The study had to do with assessing how attracted the men were to her and how many would call and ask for a date. What was interesting was that it was done under two circumstances.

1. Half the men were approached on a scary footbridge that spanned a deep gorge, one requiring holding on tight as it swayed in the wind.

2. The other half of the men had already crossed the footbridge and were resting on a park bench.

The study was interested in which group would be most attracted to the woman or would there be no difference at all? The men on the bridge were in a different emotional state that the ones resting on the bench. They were anxious, heart beating rapidly, a bit short of breath, and perspiring. Would they understand their state of arousal was because of the bridge or would they mistake it for attraction to the woman.

When the results were tallied, in terms of how many called for a date, it was like this:

Group 1 (on bridge)

65% called for a date.

Group 2 (resting on bench)

30% called.

Their conclusion: by failing to recognize why they were aroused, people are more attracted to someone than they would otherwise have been.24

Another example:

A bargain thrift store, outside Ann Arbor, Michigan, on a busy Saturday morning was set up with a display table which had panty hose arranged in 4 neat rows across the table for people to examine. A sign at the top of the table read “Consumer Evaluation Survey – Which is best quality?” It was known, from previous studies, that there was a marked preference for any item on the right side of a display. The rows of panty hose were marked, left to right, with A, B, C, and D.

When people announced their choice and the results tabulated, the preferences were like this:

A (most left) B C D (most right)

12%

17%

31%

40%

It was known that these results were a position effect because all the panty hose were identical, a fact unnoticed by the participants.

“After people announced their choice, we asked them to explain why they had chosen the pair that they did. People typically pointed to an attribute of their preferred pair, such as its superior knit, sheerness, or elasticity. No one spontaneously mentioned that the position of the panty hose had anything to do with the preference. When we asked people directly whether they thought that the position of the panty hose had influenced their choice, all participants but one (a psychology student that had just studied position effects in class) looked at us suspiciously and said of course not.”

How Does This Apply to Homeopathy?

For me, these ideas were a way to organize the symptoms both as to value and in application to animal cases.
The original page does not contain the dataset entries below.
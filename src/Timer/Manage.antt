-- ===== src/Timer/Manage.antt =====
-- Arming, cancelling, re-setting and waiting for timers (timer/timer.cpp).
use sylar_net_server_framewo.Common.{
  ℕ, ◌+◌, ◌-◌, ◌%◌, ◌^◌, ◌≤◌, ◌<◌, ◌≡◌, ◌≢◌, ◌↔◌, refl, ◌∙◌, ◌⊎◌, inl, inr, Bool, true, false, not,
  ◌||◌, ◌&&◌, Option, none, some, List, [], ◌∷◌, arith, ◌==◌, if◌then◌else◌, All, Bool-cases,
}
use sylar_net_server_framewo.Common.Checked.{ok, undefined}
use sylar_net_server_framewo.Timer.Defs.{
  Timer, TimerManager, Func, store, new_timer, wrap, less, find, erase, is_front, add_timer, cancel,
  refresh, reset, get_next_timer, detect_clock_rollover,
}
use sylar_net_server_framewo.Timer.Order.{
  less-le, IsSorted, IsSorted-store, insert-IsSorted, All-map_imp,
}
use sylar_net_server_framewo.Timer.Sets.{
  has, has_false→Avoids, has-insert, find-has, has-erase, erase-IsSorted,
}

module _ (p ms : ℕ) (cb : Func) (recurring : Bool) (now : ℕ) (m : TimerManager)
    (s : IsSorted m.heap m.timers) (fresh : has p m.timers ≡ false) where
  -- `addTimer` at a fresh address: the set stays sorted, it gains the new timer and no other, and
  -- `flushTimer` is called exactly if the new timer is the first to fire.
  pub add_timer-adds :
      let r = add_timer p ms cb recurring now m in
      IsSorted r.1.heap r.1.timers
      × ((q : ℕ) → has q r.1.timers ≡ ((q == p) || has q m.timers))
      × (r.1.heap p ≡ new_timer ms cb recurring now)
      × (r.0 ≡ is_front p r.1.timers)
  unfolding add_timer
  add_timer-adds = (
    insert-IsSorted (store m.heap p (new_timer ms cb recurring now)) p m.timers
        (IsSorted-store m.heap p _ m.timers (has_false→Avoids p m.timers fresh) s),
    (λ q. has-insert _ q p m.timers),
    ground arith,
    refl,
  )

-- `find`, with a new callback stored in the timer that is looked for: the order does not look at
-- callbacks.
module _ (m : TimerManager) (p : ℕ) (s : IsSorted m.heap m.timers) where
  less-store_cb :
      (cb : Option Func) (a b : ℕ)
      → less (store m.heap p (record (m.heap p) { cb = cb })) a b ≡ less m.heap a b
  unfolding less
  less-store_cb cb a b = ground arith

  All-store_cb :
      (cb : Option Func) (a : ℕ) (ps : List ℕ)
      → All (λ q. less m.heap a q ≡ true) ps
      → All (λ q. less (store m.heap p (record (m.heap p) { cb = cb })) a q ≡ true) ps
  All-store_cb cb a ps = All-map_imp _ _ (λ q k. less-store_cb cb a q ∙ k) ps

  IsSorted-store_cb :
      (cb : Option Func) (ps : List ℕ)
      → IsSorted m.heap ps
      → IsSorted (store m.heap p (record (m.heap p) { cb = cb })) ps
  IsSorted-store_cb cb [] h = tt
  IsSorted-store_cb cb (q ∷ ps) h = (All-store_cb cb q ps h.0, IsSorted-store_cb cb ps h.1)

  -- The manager behind a `cancel` that finds a callback.
  cancelled : TimerManager
  cancelled =
      let heap = store m.heap p (record (m.heap p) { cb = none }) in
      record m {
        heap = heap;
        timers = if find heap p m.timers then erase heap p m.timers else m.timers;
      }

  cancel-some : (f : Func) → (m.heap p).cb ≡ some f → cancel p m ≡ (true, cancelled)
  unfolding cancel cancelled
  cancel-some f e = rw (e, cancel) refl

  cancelled-set :
      IsSorted cancelled.heap cancelled.timers
      × ((q : ℕ) → has q cancelled.timers ≡ (not (q == p) && has q m.timers))
  unfolding cancelled
  cancelled-set =
      let heap = store m.heap p (record (m.heap p) { cb = none }) in
      let sorted = IsSorted-store_cb none m.timers s in
      elim (Bool-cases (has p m.timers)) [
        | inl i ↦
            let f : find heap p m.timers ≡ true = find-has heap p m.timers sorted ∙ i in
            rw f (erase-IsSorted heap p m.timers sorted, λ q. has-erase heap q p m.timers sorted i)
        | inr o ↦
            let f : find heap p m.timers ≡ false = find-has heap p m.timers sorted ∙ o in
            rw f (sorted, λ q. ground (arith, o))
      ]

cancel-none : (p : ℕ) (m : TimerManager) → (m.heap p).cb ≡ none → cancel p m ≡ (false, m)
unfolding cancel
cancel-none p m e = rw (e, cancel) refl

-- `cancel` disarms a timer that has a callback: it answers true, the callback is gone, the timer is
-- in the set no more, and the set is otherwise as it was and sorted. A second call answers false
-- and changes nothing.
pub cancel-disarms :
    (m : TimerManager) (p : ℕ) (f : Func)
    → IsSorted m.heap m.timers
    → (m.heap p).cb ≡ some f
    → (m' : TimerManager) × (cancel p m ≡ (true, m'))
      × ((m'.heap p).cb ≡ none)
      × IsSorted m'.heap m'.timers
      × ((q : ℕ) → has q m'.timers ≡ (not (q == p) && has q m.timers))
      × (cancel p m' ≡ (false, m'))
cancel-disarms m p f s e =
    let m' = cancelled m p s in
    let gone : (m'.heap p).cb ≡ none = unfold cancelled in ground arith in
    (
      m',
      cancel-some m p s f e,
      gone,
      (cancelled-set m p s).0,
      (cancelled-set m p s).1,
      cancel-none p m' gone,
    )

-- `reset` of an armed timer to another period takes it out of the set and does not put it back,
-- although it answers true: the timer keeps its callback and never fires.
pub reset_disarms :
    (m : TimerManager) (p ms now : ℕ) (from_now : Bool) (f : Func)
    → IsSorted m.heap m.timers
    → (m.heap p).cb ≡ some f
    → has p m.timers ≡ true
    → ms ≢ (m.heap p).ms
    → (m' : TimerManager) × (reset p ms from_now now m ≡ (true, m'))
      × ((m'.heap p).cb ≡ some f)
      × ((m'.heap p).ms ≡ ms)
      × ((q : ℕ) → has q m'.timers ≡ (not (q == p) && has q m.timers))
unfolding reset
reset_disarms m p ms now from_now f s e i h =
    let start = if from_now then now else ((m.heap p).next + 2 ^ 64 - (m.heap p).ms) % 2 ^ 64 in
    let m' = record m {
      heap = store m.heap p (record (m.heap p) { ms = ms; next = wrap (start + ms) });
      timers = erase m.heap p m.timers;
    } in
    let other : (ms == (m.heap p).ms) ≡ false = ground arith in
    (
      m',
      ground (arith, e, other, find-has m.heap p m.timers s, i),
      ground arith,
      ground arith,
      λ q. has-erase m.heap q p m.timers s i,
    )

-- `refresh` never moves a deadline: of an armed timer it answers false and changes nothing, and of
-- a timer that has a callback and is not in the set it erases the end iterator.
pub refresh_never :
    (m : TimerManager) (p now : ℕ)
    → IsSorted m.heap m.timers
    → (refresh p now m ≡ ok (false, m)) ⊎ ((refresh p now m ≡ undefined) × (has p m.timers ≡ false))
unfolding refresh
refresh_never m p now s = go (m.heap p).cb refl
  where
    go :
        (c : Option Func)
        → (m.heap p).cb ≡ c
        → (refresh p now m ≡ ok (false, m))
          ⊎ ((refresh p now m ≡ undefined) × (has p m.timers ≡ false))
    go none e = inl (rw (e, refresh) refl)
    go (some f) e = elim (Bool-cases (has p m.timers)) [
      | inl i ↦ inl (rw (e, refresh, find-has m.heap p m.timers s ∙ i) refl)
      | inr o ↦ inr (rw (e, refresh, find-has m.heap p m.timers s ∙ o) refl, o)
    ]

All-ge :
    (heap : ℕ → Timer) (p : ℕ) (ps : List ℕ)
    → All (λ q. less heap p q ≡ true) ps
    → All (λ q. (heap p).next ≤ (heap q).next) ps
All-ge heap p ps = All-map_imp _ _ (λ q k. less-le heap p q k) ps

-- How long to wait: `getNextTimer` is 0 if no timer is armed; otherwise it is the time until the
-- earliest of the armed timers' deadlines, 0 if that has passed. It changes only the tickled flag.
pub get_next_timer-first :
    (now : ℕ) (m : TimerManager)
    → IsSorted m.heap m.timers
    → ((m.timers ≡ []) × (get_next_timer now m ≡ (0, record m { tickled = false })))
      ⊎ ((p : ℕ) × (has p m.timers ≡ true)
          × All (λ q. (m.heap p).next ≤ (m.heap q).next) m.timers
          × (get_next_timer now m ≡ ((m.heap p).next - now, record m { tickled = false })))
unfolding get_next_timer
get_next_timer-first now m s = go m.timers refl s
  where
    go :
        (l : List ℕ)
        → m.timers ≡ l
        → IsSorted m.heap l
        → ((m.timers ≡ []) × (get_next_timer now m ≡ (0, record m { tickled = false })))
          ⊎ ((p : ℕ) × (has p m.timers ≡ true)
              × All (λ q. (m.heap p).next ≤ (m.heap q).next) m.timers
              × (get_next_timer now m ≡ ((m.heap p).next - now, record m { tickled = false })))
    go [] e k = inl (e, ground (arith, e))
    go (p ∷ ps) e k =
        inr (p, rw e (ground arith), rw e (omega arith, All-ge m.heap p ps k.0), ground (arith, e))

-- A clock that went back is reported as a rollover exactly if it went back by more than an hour, or
-- went back at all before the manager's clock had reached its first hour.
pub detect_clock_rollover_iff :
    (now : ℕ) (m : TimerManager)
    → m.prev_time < 2 ^ 64
    → (((detect_clock_rollover now m).0 ≡ true)
        ↔ ((now < m.prev_time) × ((now + 3600000 < m.prev_time) ⊎ (m.prev_time < 3600000))))
      × ((detect_clock_rollover now m).1 ≡ record m { prev_time = now })
unfolding detect_clock_rollover
detect_clock_rollover_iff now m h = ((λ e. ground arith, λ e. ground arith), refl)
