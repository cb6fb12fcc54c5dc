-- ===== src/Timer/Runs.antt =====
-- Runs of the timers on a concrete heap.
use sylar_net_server_framewo.Common.{
  ℕ, ◌≡◌, refl, false, ◌||◌, some, [], ◌∷◌, map, ◌==◌, if◌then◌else◌,
}
use sylar_net_server_framewo.Timer.Defs.{
  Timer, TimerManager, plain, new_timer, less, add_timer, is_front, list_expired_cb,
}
use sylar_net_server_framewo.Timer.Order.{IsSorted}
use sylar_net_server_framewo.Timer.Sets.{has}
use sylar_net_server_framewo.Timer.Expire.{rearmed, list_expired_cb-Fired}
use sylar_net_server_framewo.Timer.Due.{due}
use sylar_net_server_framewo.Timer.Manage.{add_timer-adds}

-- The timer at the address 1 is due at 110, the others at 150.
abbrev timers_heap : ℕ → Timer
timers_heap p = record {
  recurring = p == 1;
  ms = 50;
  next = if p == 1 then 110 else 150;
  cb = some (plain p);
}

abbrev two_timers : TimerManager
two_timers = record { heap = timers_heap; timers = 1 ∷ 2 ∷ []; tickled = false; prev_time = 120 }

two_timers-IsSorted : IsSorted timers_heap (1 ∷ 2 ∷ [])
unfolding less
two_timers-IsSorted = ((refl, tt), (tt, tt))

list_expired_cb_example :
    let fired = due timers_heap 120 (1 ∷ 2 ∷ []) in
    let r = list_expired_cb 9 120 two_timers in
    (r.0 ≡ map (λ p. (timers_heap p).cb) fired)
    × IsSorted r.1.heap r.1.timers
    × ((q : ℕ) → r.1.heap q ≡ (if has q fired then rearmed 120 (timers_heap q) else timers_heap q))
    × ((q : ℕ)
        → has q r.1.timers
          ≡ (if has q fired then (timers_heap q).recurring else has q (1 ∷ 2 ∷ [])))
list_expired_cb_example = list_expired_cb-Fired 9 120 two_timers two_timers-IsSorted refl

add_timer_example :
    let r = add_timer 3 5 (plain 7) false 100 two_timers in
    IsSorted r.1.heap r.1.timers
    × ((q : ℕ) → has q r.1.timers ≡ ((q == 3) || has q (1 ∷ 2 ∷ [])))
    × (r.1.heap 3 ≡ new_timer 5 (plain 7) false 100)
    × (r.0 ≡ is_front 3 r.1.timers)
add_timer_example = add_timer-adds 3 5 (plain 7) false 100 two_timers two_timers-IsSorted refl
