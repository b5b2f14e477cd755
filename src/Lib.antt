-- ===== src/Lib.antt =====
-- Publaryn is a package registry for npm, PyPI, Cargo, NuGet, RubyGems, Composer, Maven and OCI:
-- an HTTP API (crates/api) and one protocol adapter per ecosystem (crates/adapters) over a
-- PostgreSQL database, an object store and a search index, with background workers
-- (crates/workers) that scan what was uploaded before a release is published.
--
-- The parts and how they interact. A request carries a credential, which becomes an identity with
-- scopes (Auth). A handler asks for a scope, finds the package or organization by name, and asks
-- the access checks of crates/api/src/request_auth.rs whether the identity's user may act on it
-- (Access). It then changes rows and adds an entry to the audit log (Releases, Members, Invitations,
-- Teams, Repositories, Namespaces). Publishing a release puts it in `scanning` and enqueues a job
-- for each artifact; workers claim the jobs (Jobs), and the scan that finds no other unfinished job
-- of the release gives it its final status (Releases.Scan). All of them share the database (Db);
-- the rate limits in front of the handlers keep their counts in Redis (RateLimit).
--
-- Files:
--   Prelude (Tests, Lists, Text)   Boolean tests, lists over native numbers, texts
--   Query (Update, Unique)         SELECT as a list comprehension, UPDATE, RETURNING, DELETE
--   Error                          crates/core/src/error.rs, crates/api/src/error.rs, the `?` operator
--   Domain                         the enums of crates/core/src/domain and their wire names; the
--                                  invitation's states; ecosystems and package names
--   Db (Tables, Keys)              the tables of migrations/ and what their constraints promise
--   Auth (Identity, Scopes)        AuthenticatedIdentity; crates/api/src/scopes.rs
--   Auth (Granted)                 the scopes of a new token
--   Auth (Credentials)             the functions of jsonwebtoken, argon2, totp-rs and sha2, as one
--                                  argument
--   Auth (Mfa, Sessions)           crates/auth/src/mfa.rs and token.rs, login and the MFA handlers of
--                                  crates/api/src/routes/auth.rs; (Challenge, Once, Enrolled) their
--                                  theorems
--   Auth (Tokens)                  crates/api/src/routes/tokens.rs and the authentication of
--                                  request_auth.rs; (Bearer) what a credential authenticates
--   Access (Requirements, Outcomes, Queries, Org, Write, Read)
--                                  crates/api/src/request_auth.rs, crates/core/src/authz_queries.rs,
--                                  function by function under the names of the source
--   Access (Grants, Readers)       the independent description of who may write and read
--   Access (Rows, Parts, Authorized, Ensured)
--                                  the proofs that relate the two
--   Jobs (Queue, Worker)           crates/workers/src/queue.rs, poll_and_process of worker.rs
--   Jobs (Claim, Claimed)          what a claim returns; (Steps, Invariant) the queue with its
--                                  workers as a step relation; (Settled) a worker's turn
--   Releases (Status, Rows, Handlers)
--                                  create, yank, unyank, deprecate, undeprecate and publish of
--                                  crates/api/src/routes/packages.rs
--   Releases (Scan)                ScanArtifactHandler of crates/workers/src/scanners.rs
--   Releases (Consistent, Lifecycle, Scanned, Published, History, Effects)
--                                  invariants of the releases and effects of the handlers
--   Releases (Reading)             ensure_release_read_access of packages.rs
--   Members (Handlers, Rows, Owners, Removed, Transfer)
--                                  add_member, remove_member and transfer_ownership of
--                                  crates/api/src/routes/orgs.rs
--   Invitations (Handlers, Sound, Steps, Created, History)
--                                  crates/api/src/routes/org_invitations.rs over any history of it
--   Teams (Handlers, Permissions, Grants, Scoped, Kept, Owned, Granted, History)
--                                  the teams, their members and grants of
--                                  crates/api/src/routes/orgs.rs
--   Repositories (Handlers, Owned, Transfer, History, Slugs)
--                                  crates/api/src/routes/repositories.rs
--   Namespaces (Handlers, Sound, History)
--                                  crates/api/src/routes/namespaces.rs
--   RateLimit (Redis, Decimal, Middleware, Bound, Log, Kept, Window)
--                                  crates/api/src/rate_limit.rs, with Redis as an interface
--   Packages (Visibility, Artifact)
--                                  the visibility, owner and artifact rules of
--                                  crates/api/src/routes/packages.rs
--   Cargo (Publish)                parse_cargo_publish of
--                                  crates/adapters/cargo-registry/src/publish.rs; (Publish/Frames,
--                                  Publish/Accepted) the layout it accepts
--   Cargo (Name)                   crates/adapters/cargo-registry/src/name.rs
--   Samples, and the Tests modules a small registry, and runs on it
--
-- How the code is modelled. The database is a record of tables, each the list of its rows; a query
-- is a list comprehension with the joins and conditions of its SQL, `fetch_optional` the first row.
-- A handler is a function from the database and the request to an error or a reply and the new
-- database; it runs as one transaction, since an error in the source comes before the first write
-- or rolls back, and a lost connection (Error::Database) is left out. A UUID is a number, and a
-- fresh one an argument; a time is a number of microseconds, and the clock an argument. The values
-- that an error message quotes are left out of it. The payload of a job is the value its JSON
-- decodes to. Concurrent claims appear as the set of rows that others hold (SKIP LOCKED), and the
-- interleaving of workers as a sequence of steps. Rust's full Unicode `to_lowercase`, the object
-- store and the scanners of artifacts are arguments. Whether the INSERT of a finding of a scan and the
-- UPDATE that removes a used recovery code go through is an argument, since the source goes on when
-- they fail; every other statement whose error the source only logs or drops (the audit entries of
-- the MFA handlers, jobs enqueued after a commit, a worker's record of an outcome) goes through.
--
-- A check of the rate limits is one step: INCR is atomic, and the EXPIRE and TTL of other requests
-- change no number. The digits of a timestamp's minute are written on a fuel of 19 (an i64).
--
-- Columns of type CITEXT are compared as they are written.
--
-- Not modelled: the protocol adapters' own routes and other parsers, uploads, tags, trusted
-- publishers, the registration of users, the creation and settings of organizations, lists and
-- searches, the timers of the worker's loop, the frontend.
pub mod Prelude
pub mod Query
pub mod Error
pub mod Domain
pub mod Db
pub mod Access
pub mod Jobs
pub mod Auth
pub mod Releases
pub mod Samples
pub mod Members
pub mod Packages
pub mod Cargo
pub mod Invitations
pub mod RateLimit
pub mod Repositories
pub mod Teams
pub mod Namespaces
From this perspective and coming back to the mental section of the repertory I could see that many of the rubrics listed really were very specific to human consciousness. I understood it like this:

There are two parts to the mental/emotional symptom – the unconscious expression and the conscious explanation of it. We want the first part which is characterized by immediacy and directness, and therefore accuracy as a reflection of that individual. The repertory will contain both types of information but that which is of most value are the expressions coming from the unconscious part of the mind as they are what allow us to see the mistunement of the life force. (As a reminder, Hahnemann tells us that the disease is restricted to just this – mistunement of the life force. The function of the conscious mind, what he calls “our indwelling, rational spirit” is not part of this, and though it will be affected secondarily in terms of thinking, strategies, explanations, etc., Hahnemann does not really consider it to be part of the mistunement that occurs.25)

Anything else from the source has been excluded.